Stored data entries
☆ ☆ ☆ ☆

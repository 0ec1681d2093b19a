-- ===== src/TcRule.antt =====
-- `struct tc_rule` and its type and traits, src/tc_rule.h and src/tc_rule.c.
pub mod Have
pub mod Detect
mod Tests
use Have
use flower_route.Base.{
  ℕ, ◌+◌, ◌≡◌, Ordering, Bool, true, false, Option, none, some, List, [], ◌∷◌, ◌++◌, ◌&&◌, not, ltb,
  ◌==◌, if◌then◌else◌, bit_or,
}
use flower_route.Base.Bytes.{bytes16, bytes32}
use Prim.Native.String.{String}
use flower_route.Ret.{Ret, ok, aborted, assert, ◌>>=◌, ◌>>◌}
use flower_route.AfAddr.{AfAddr, zero_af_addr, af_addr_bytes}

-- `enum tc_rule_types` without its end mark, so that `type < TC_RULE_TYPE_MAX` always holds.
pub data RuleType : Type 0 where
  unspec alien forward route_trap route_goto route_dft_goto ttl_check : RuleType

-- The enumerator's value.
abbrev pub type_no : RuleType → ℕ
type_no unspec = 0
type_no alien = 1
type_no forward = 2
type_no route_trap = 3
type_no route_goto = 4
type_no route_dft_goto = 5
type_no ttl_check = 6

abbrev pub same_type : RuleType → RuleType → Bool
same_type a b = type_no a == type_no b

-- `type_traits`; the entries that the initialiser leaves out are 0.
unfoldable pub type_traits : RuleType → ℕ
type_traits forward = bit_or (bit_or (bit_or Have.af Have.lladdr) Have.ttl_dec) Have.vlan_mod
type_traits ttl_check = bit_or (bit_or Have.af Have.ttl_check) Have.trap
type_traits route_goto = bit_or Have.af_ip Have.goto
type_traits route_dft_goto = bit_or Have.af Have.goto
type_traits route_trap = bit_or Have.af_ip Have.trap
type_traits unspec = 0
type_traits alien = 0

-- `lladdr` as its three words `raw`, over the six bytes of `dst` and then of `src`.
pub record TcRule : Type 0 where
  pub type : RuleType
  pub vlan_id : ℕ
  pub flower_flags : ℕ
  pub goto_target : ℕ
  pub traits : ℕ
  pub af_addr : AfAddr
  pub ttl : ℕ
  pub raw0 : ℕ
  pub raw1 : ℕ
  pub raw2 : ℕ

-- What `memset` or `= {0}` leaves.
abbrev pub zero_rule : TcRule
zero_rule = record {
  type = unspec;
  vlan_id = 0;
  flower_flags = 0;
  goto_target = 0;
  traits = 0;
  af_addr = zero_af_addr;
  ttl = 0;
  raw0 = 0;
  raw1 = 0;
  raw2 = 0;
}

-- `config->flower_flags` is an argument.
unfoldable pub tc_rule_init : ℕ → TcRule → TcRule
tc_rule_init flower_flags tcr = record tcr { flower_flags = flower_flags }

unfoldable pub tc_rule_set_type : TcRule → RuleType → Ret TcRule
tc_rule_set_type rule type =
    if same_type rule.type alien
    then ok rule
    else do assert (same_type rule.type unspec); ok (record rule { type = type })

unfoldable pub tc_rule_set_type_and_traits : TcRule → RuleType → Ret TcRule
unfolding tc_rule_set_type type_traits
tc_rule_set_type_and_traits rule type = do
  rule ← tc_rule_set_type rule type
  let rule' = if rule.traits == 0 then record rule { traits = type_traits type } else rule
  assert (not (rule'.traits == 0))
  ok rule'

abbrev pub all_types : List RuleType
all_types = unspec ∷ alien ∷ forward ∷ route_trap ∷ route_goto ∷ route_dft_goto ∷ ttl_check ∷ []

-- The loop over the types from one on. The type, and the rule with its traits as they are then.
unfoldable pub detect_loop : TcRule → List RuleType → RuleType × TcRule
unfolding type_traits
detect_loop rule [] = (alien, rule)
detect_loop rule (i ∷ rest) =
    let later = detect_loop rule rest in
    if ltb 0 (type_traits i) && type_traits i == rule.traits
    then (if same_type i route_dft_goto
        then (route_goto, record rule { traits = type_traits route_goto })
        else (i, rule))
    else later

unfoldable pub tc_rule_detect : TcRule → RuleType × TcRule
unfolding detect_loop
tc_rule_detect rule = detect_loop rule all_types

unfoldable pub tc_rule_validate : TcRule → Bool × TcRule
unfolding tc_rule_detect
tc_rule_validate rule =
    let (detected, rule') = tc_rule_detect rule in
    if same_type rule'.type detected then (true, rule') else (false, record rule' { type = alien })

unfoldable pub tc_rule_mark_alien : TcRule → Ret TcRule
unfolding tc_rule_set_type
tc_rule_mark_alien rule = tc_rule_set_type rule alien

abbrev pub tc_rule_state_str : RuleType → String
tc_rule_state_str unspec = "unspec"
tc_rule_state_str alien = "alien"
tc_rule_state_str forward = "forward"
tc_rule_state_str route_trap = "route_trap"
tc_rule_state_str route_goto = "route_goto"
tc_rule_state_str route_dft_goto = "route_goto"
tc_rule_state_str ttl_check = "ttl_check"
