-- ===== src/Netlink.antt =====
-- Netlink messages as libmnl builds and walks them. An attribute is a type number and a payload;
-- a nested attribute (`mnl_attr_nest_start` .. `mnl_attr_nest_end`) holds attributes. The structures
-- of the kernel's headers are payloads of their own, by the fields that the program uses.
-- libmnl itself is the parameter `Mnl`.
pub mod Names
pub mod Table
use Prim.Native.String.{String}
use flower_route.Base.{ℕ, ◌≤◌, ◌≡◌, Bool, true, false, List, [], ◌∷◌, length}
use flower_route.Ret.{Ret, ok, error, aborted, ◌>>=◌}

-- `struct tc_pedit_key`.
pub record PeditKey : Type 0 where
  pub mask : ℕ
  pub val : ℕ
  pub off : ℕ

-- `octets` is what `mnl_attr_put_u8/u16/u32` and a plain `mnl_attr_put` store.
mutual
  pub data Payload : Type 0 where
    octets : List ℕ → Payload
    strz : String → Payload
    nested : Attrs → Payload
    gact_parms : (action : ℕ) → Payload
    vlan_parms : (v_action action : ℕ) → Payload
    pedit_parms : (action : ℕ) → List PeditKey → Payload
    mirred_parms : (eaction action ifindex : ℕ) → Payload
    csum_parms : (update_flags action : ℕ) → Payload
    nexthops : Nexthops → Payload

  -- `struct rtnexthop` in a row, as far as `RTNH_OK` and `RTNH_NEXT` go.
  pub data Nexthops : Type 0 where
    no_more : Nexthops
    nexthop : (rtnh_ifindex : ℕ) → Attrs → Nexthops → Nexthops

  pub data Attrs : Type 0 where
    end : Attrs
    attr : ℕ → Payload → Attrs → Attrs

-- One `mnl_attr_put*` call, and calls in a row.
abbrev pub put : ℕ → Payload → Attrs
put type payload = attr type payload end

infixr 60 ◌&◌
abbrev pub ◌&◌ : Attrs → Attrs → Attrs
end & bs = bs
attr type payload list & bs = attr type payload (list & bs)

-- `enum mnl_attr_data_type`, as far as the program's maps use it.
pub data DataType : Type 0 where
  unspec u8 u16 u32 nul_string nested_type binary : DataType

-- A callback, over what it fills: `ok` is `MNL_CB_OK`, `error` is `MNL_CB_ERROR`.
abbrev pub Callback : Type 0 → Type 0
Callback S = ℕ → Payload → S → Ret S

-- The callback on each attribute in turn, until one call does not end well.
abbrev pub each : {S : Type 0} → Callback S → Attrs → S → Ret S
each cb end s = ok s
each cb (attr type payload list) s = cb type payload s >>= each cb list

-- What the program uses of libmnl to read, and what it relies on.
pub record Mnl : Type 1 where
  -- `mnl_attr_parse`, `mnl_attr_parse_nested`, `mnl_attr_for_each_nested`
  pub parse : {S : Type 0} → Callback S → Attrs → S → Ret S
  -- `mnl_attr_type_valid(attr, max) >= 0`
  pub type_valid : ℕ → ℕ → Bool
  -- `mnl_attr_validate(attr, type) >= 0`
  pub validate : Payload → DataType → Bool
  pub parse_each :
      {S : Type 0} (cb : Callback S) (list : Attrs) (s : S) → parse cb list s ≡ each cb list s
  pub type_valid_le : (type max : ℕ) → type ≤ max → type_valid type max ≡ true
  pub validate_u8 : (bs : List ℕ) → length bs ≡ 1 → validate (octets bs) u8 ≡ true
  pub validate_u16 : (bs : List ℕ) → length bs ≡ 2 → validate (octets bs) u16 ≡ true
  pub validate_u32 : (bs : List ℕ) → length bs ≡ 4 → validate (octets bs) u32 ≡ true
  pub validate_text : (s : String) → validate (strz s) nul_string ≡ true
  pub validate_nested : (list : Attrs) → validate (nested list) nested_type ≡ true
  pub validate_binary : (p : Payload) → validate p binary ≡ true

-- `struct nlmsghdr` and `struct tcmsg`, the fields that the program uses, and the attributes.
pub record Message : Type 0 where
  pub nlmsg_type : ℕ
  pub nlmsg_flags : ℕ
  pub tcm_family : ℕ
  pub tcm_ifindex : ℕ
  pub tcm_handle : ℕ
  pub tcm_parent : ℕ
  pub tcm_info : ℕ
  pub attrs : Attrs
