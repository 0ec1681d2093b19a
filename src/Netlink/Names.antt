-- ===== src/Netlink/Names.antt =====
-- The attribute types, message types and other constants of the kernel's headers that
-- src/tc_encode.c and src/tc_decode.c name (linux/rtnetlink.h, linux/pkt_cls.h, linux/tc_act/*.h).
use flower_route.Base.{ℕ}

abbrev pub rtm_newtfilter : ℕ
rtm_newtfilter = 44

abbrev pub rtm_deltfilter : ℕ
rtm_deltfilter = 45

abbrev pub nlm_f_request : ℕ
nlm_f_request = 1

abbrev pub nlm_f_ack : ℕ
nlm_f_ack = 4

abbrev pub nlm_f_excl : ℕ
nlm_f_excl = 0x200

abbrev pub nlm_f_create : ℕ
nlm_f_create = 0x400

abbrev pub tca_kind : ℕ
tca_kind = 1

abbrev pub tca_options : ℕ
tca_options = 2

abbrev pub tca_stats : ℕ
tca_stats = 3

abbrev pub tca_xstats : ℕ
tca_xstats = 4

abbrev pub tca_stats2 : ℕ
tca_stats2 = 7

abbrev pub tca_chain : ℕ
tca_chain = 11

abbrev pub tca_hw_offload : ℕ
tca_hw_offload = 12

abbrev pub tca_max : ℕ
tca_max = 16

abbrev pub tca_flower_act : ℕ
tca_flower_act = 3

abbrev pub tca_flower_key_eth_type : ℕ
tca_flower_key_eth_type = 8

abbrev pub tca_flower_key_ipv4_src : ℕ
tca_flower_key_ipv4_src = 10

abbrev pub tca_flower_key_ipv4_src_mask : ℕ
tca_flower_key_ipv4_src_mask = 11

abbrev pub tca_flower_key_ipv4_dst : ℕ
tca_flower_key_ipv4_dst = 12

abbrev pub tca_flower_key_ipv4_dst_mask : ℕ
tca_flower_key_ipv4_dst_mask = 13

abbrev pub tca_flower_key_ipv6_dst : ℕ
tca_flower_key_ipv6_dst = 16

abbrev pub tca_flower_key_ipv6_dst_mask : ℕ
tca_flower_key_ipv6_dst_mask = 17

abbrev pub tca_flower_flags : ℕ
tca_flower_flags = 22

abbrev pub tca_flower_key_vlan_eth_type : ℕ
tca_flower_key_vlan_eth_type = 25

abbrev pub tca_flower_key_ip_ttl : ℕ
tca_flower_key_ip_ttl = 75

abbrev pub tca_flower_key_ip_ttl_mask : ℕ
tca_flower_key_ip_ttl_mask = 76

abbrev pub tca_flower_in_hw_count : ℕ
tca_flower_in_hw_count = 86

abbrev pub tca_flower_max : ℕ
tca_flower_max = 110

abbrev pub tca_act_kind : ℕ
tca_act_kind = 1

abbrev pub tca_act_options : ℕ
tca_act_options = 2

abbrev pub tca_act_index : ℕ
tca_act_index = 3

abbrev pub tca_act_stats : ℕ
tca_act_stats = 4

abbrev pub tca_act_used_hw_stats : ℕ
tca_act_used_hw_stats = 9

abbrev pub tca_act_in_hw_count : ℕ
tca_act_in_hw_count = 10

abbrev pub tca_act_max : ℕ
tca_act_max = 10

abbrev pub tca_gact_tm : ℕ
tca_gact_tm = 1

abbrev pub tca_gact_parms : ℕ
tca_gact_parms = 2

abbrev pub tca_gact_prob : ℕ
tca_gact_prob = 3

abbrev pub tca_gact_max : ℕ
tca_gact_max = 4

abbrev pub tca_vlan_tm : ℕ
tca_vlan_tm = 1

abbrev pub tca_vlan_parms : ℕ
tca_vlan_parms = 2

abbrev pub tca_vlan_push_vlan_id : ℕ
tca_vlan_push_vlan_id = 3

abbrev pub tca_vlan_push_vlan_protocol : ℕ
tca_vlan_push_vlan_protocol = 4

abbrev pub tca_vlan_max : ℕ
tca_vlan_max = 8

abbrev pub tca_pedit_tm : ℕ
tca_pedit_tm = 1

abbrev pub tca_pedit_parms_ex : ℕ
tca_pedit_parms_ex = 4

abbrev pub tca_pedit_keys_ex : ℕ
tca_pedit_keys_ex = 5

abbrev pub tca_pedit_key_ex : ℕ
tca_pedit_key_ex = 6

abbrev pub tca_pedit_max : ℕ
tca_pedit_max = 6

abbrev pub tca_pedit_key_ex_htype : ℕ
tca_pedit_key_ex_htype = 1

abbrev pub tca_pedit_key_ex_cmd : ℕ
tca_pedit_key_ex_cmd = 2

abbrev pub tca_pedit_key_ex_max : ℕ
tca_pedit_key_ex_max = 2

abbrev pub tca_pedit_key_ex_hdr_type_eth : ℕ
tca_pedit_key_ex_hdr_type_eth = 1

abbrev pub tca_pedit_key_ex_hdr_type_ip4 : ℕ
tca_pedit_key_ex_hdr_type_ip4 = 2

abbrev pub tca_pedit_key_ex_hdr_type_ip6 : ℕ
tca_pedit_key_ex_hdr_type_ip6 = 3

abbrev pub tca_pedit_key_ex_cmd_set : ℕ
tca_pedit_key_ex_cmd_set = 0

abbrev pub tca_pedit_key_ex_cmd_add : ℕ
tca_pedit_key_ex_cmd_add = 1

abbrev pub tca_csum_parms : ℕ
tca_csum_parms = 1

abbrev pub tca_csum_update_flag_ipv4hdr : ℕ
tca_csum_update_flag_ipv4hdr = 1

abbrev pub tca_mirred_tm : ℕ
tca_mirred_tm = 1

abbrev pub tca_mirred_parms : ℕ
tca_mirred_parms = 2

abbrev pub tca_mirred_max : ℕ
tca_mirred_max = 4

abbrev pub tca_egress_redir : ℕ
tca_egress_redir = 1

abbrev pub tca_vlan_act_modify : ℕ
tca_vlan_act_modify = 3

abbrev pub tc_act_pipe : ℕ
tc_act_pipe = 3

abbrev pub tc_act_stolen : ℕ
tc_act_stolen = 4

abbrev pub tc_act_trap : ℕ
tc_act_trap = 8

abbrev pub tc_act_goto_chain : ℕ
tc_act_goto_chain = 0x20000000

abbrev pub tca_cls_flags_skip_hw : ℕ
tca_cls_flags_skip_hw = 1

abbrev pub tca_cls_flags_skip_sw : ℕ
tca_cls_flags_skip_sw = 2

abbrev pub tca_cls_flags_in_hw : ℕ
tca_cls_flags_in_hw = 4

abbrev pub eth_p_ip : ℕ
eth_p_ip = 0x800

abbrev pub eth_p_ipv6 : ℕ
eth_p_ipv6 = 0x86dd

abbrev pub eth_p_8021q : ℕ
eth_p_8021q = 0x8100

☆ ☆ ☆ ☆

#### WORK ITEM
Each line from the top of the entries above through the line containing "type = unspec;" must be transcribed exactly, and no other line may appear.

#### OUTPUT OF THE EXERCISE
repository 0ec1681d2093b19a
-- ===== src/TcRule.antt =====
-- `struct tc_rule` and its type and traits, src/tc_rule.h and src/tc_rule.c.
pub mod Have
pub mod Detect
mod Tests
use Have
use flower_route.Base.{
  ℕ, ◌+◌, ◌≡◌, Ordering, Bool, true, false, Option, none, some, List, [], ◌∷◌, ◌++◌, ◌&&◌, not, ltb,
  ◌==◌, if◌then◌else◌, bit_or,
}
use flower_route.Base.Bytes.{bytes16, bytes32}
use Prim.Native.String.{String}
use flower_route.Ret.{Ret, ok, aborted, assert, ◌>>=◌, ◌>>◌}
use flower_route.AfAddr.{AfAddr, zero_af_addr, af_addr_bytes}

-- `enum tc_rule_types` without its end mark, so that `type < TC_RULE_TYPE_MAX` always holds.
pub data RuleType : Type 0 where
  unspec alien forward route_trap route_goto route_dft_goto ttl_check : RuleType

-- The enumerator's value.
abbrev pub type_no : RuleType → ℕ
type_no unspec = 0
type_no alien = 1
type_no forward = 2
type_no route_trap = 3
type_no route_goto = 4
type_no route_dft_goto = 5
type_no ttl_check = 6

abbrev pub same_type : RuleType → RuleType → Bool
same_type a b = type_no a == type_no b

-- `type_traits`; the entries that the initialiser leaves out are 0.
unfoldable pub type_traits : RuleType → ℕ
type_traits forward = bit_or (bit_or (bit_or Have.af Have.lladdr) Have.ttl_dec) Have.vlan_mod
type_traits ttl_check = bit_or (bit_or Have.af Have.ttl_check) Have.trap
type_traits route_goto = bit_or Have.af_ip Have.goto
type_traits route_dft_goto = bit_or Have.af Have.goto
type_traits route_trap = bit_or Have.af_ip Have.trap
type_traits unspec = 0
type_traits alien = 0

-- `lladdr` as its three words `raw`, over the six bytes of `dst` and then of `src`.
pub record TcRule : Type 0 where
  pub type : RuleType
  pub vlan_id : ℕ
  pub flower_flags : ℕ
  pub goto_target : ℕ
  pub traits : ℕ
  pub af_addr : AfAddr
  pub ttl : ℕ
  pub raw0 : ℕ
  pub raw1 : ℕ
  pub raw2 : ℕ

-- What `memset` or `= {0}` leaves.
abbrev pub zero_rule : TcRule
zero_rule = record {
  type = unspec;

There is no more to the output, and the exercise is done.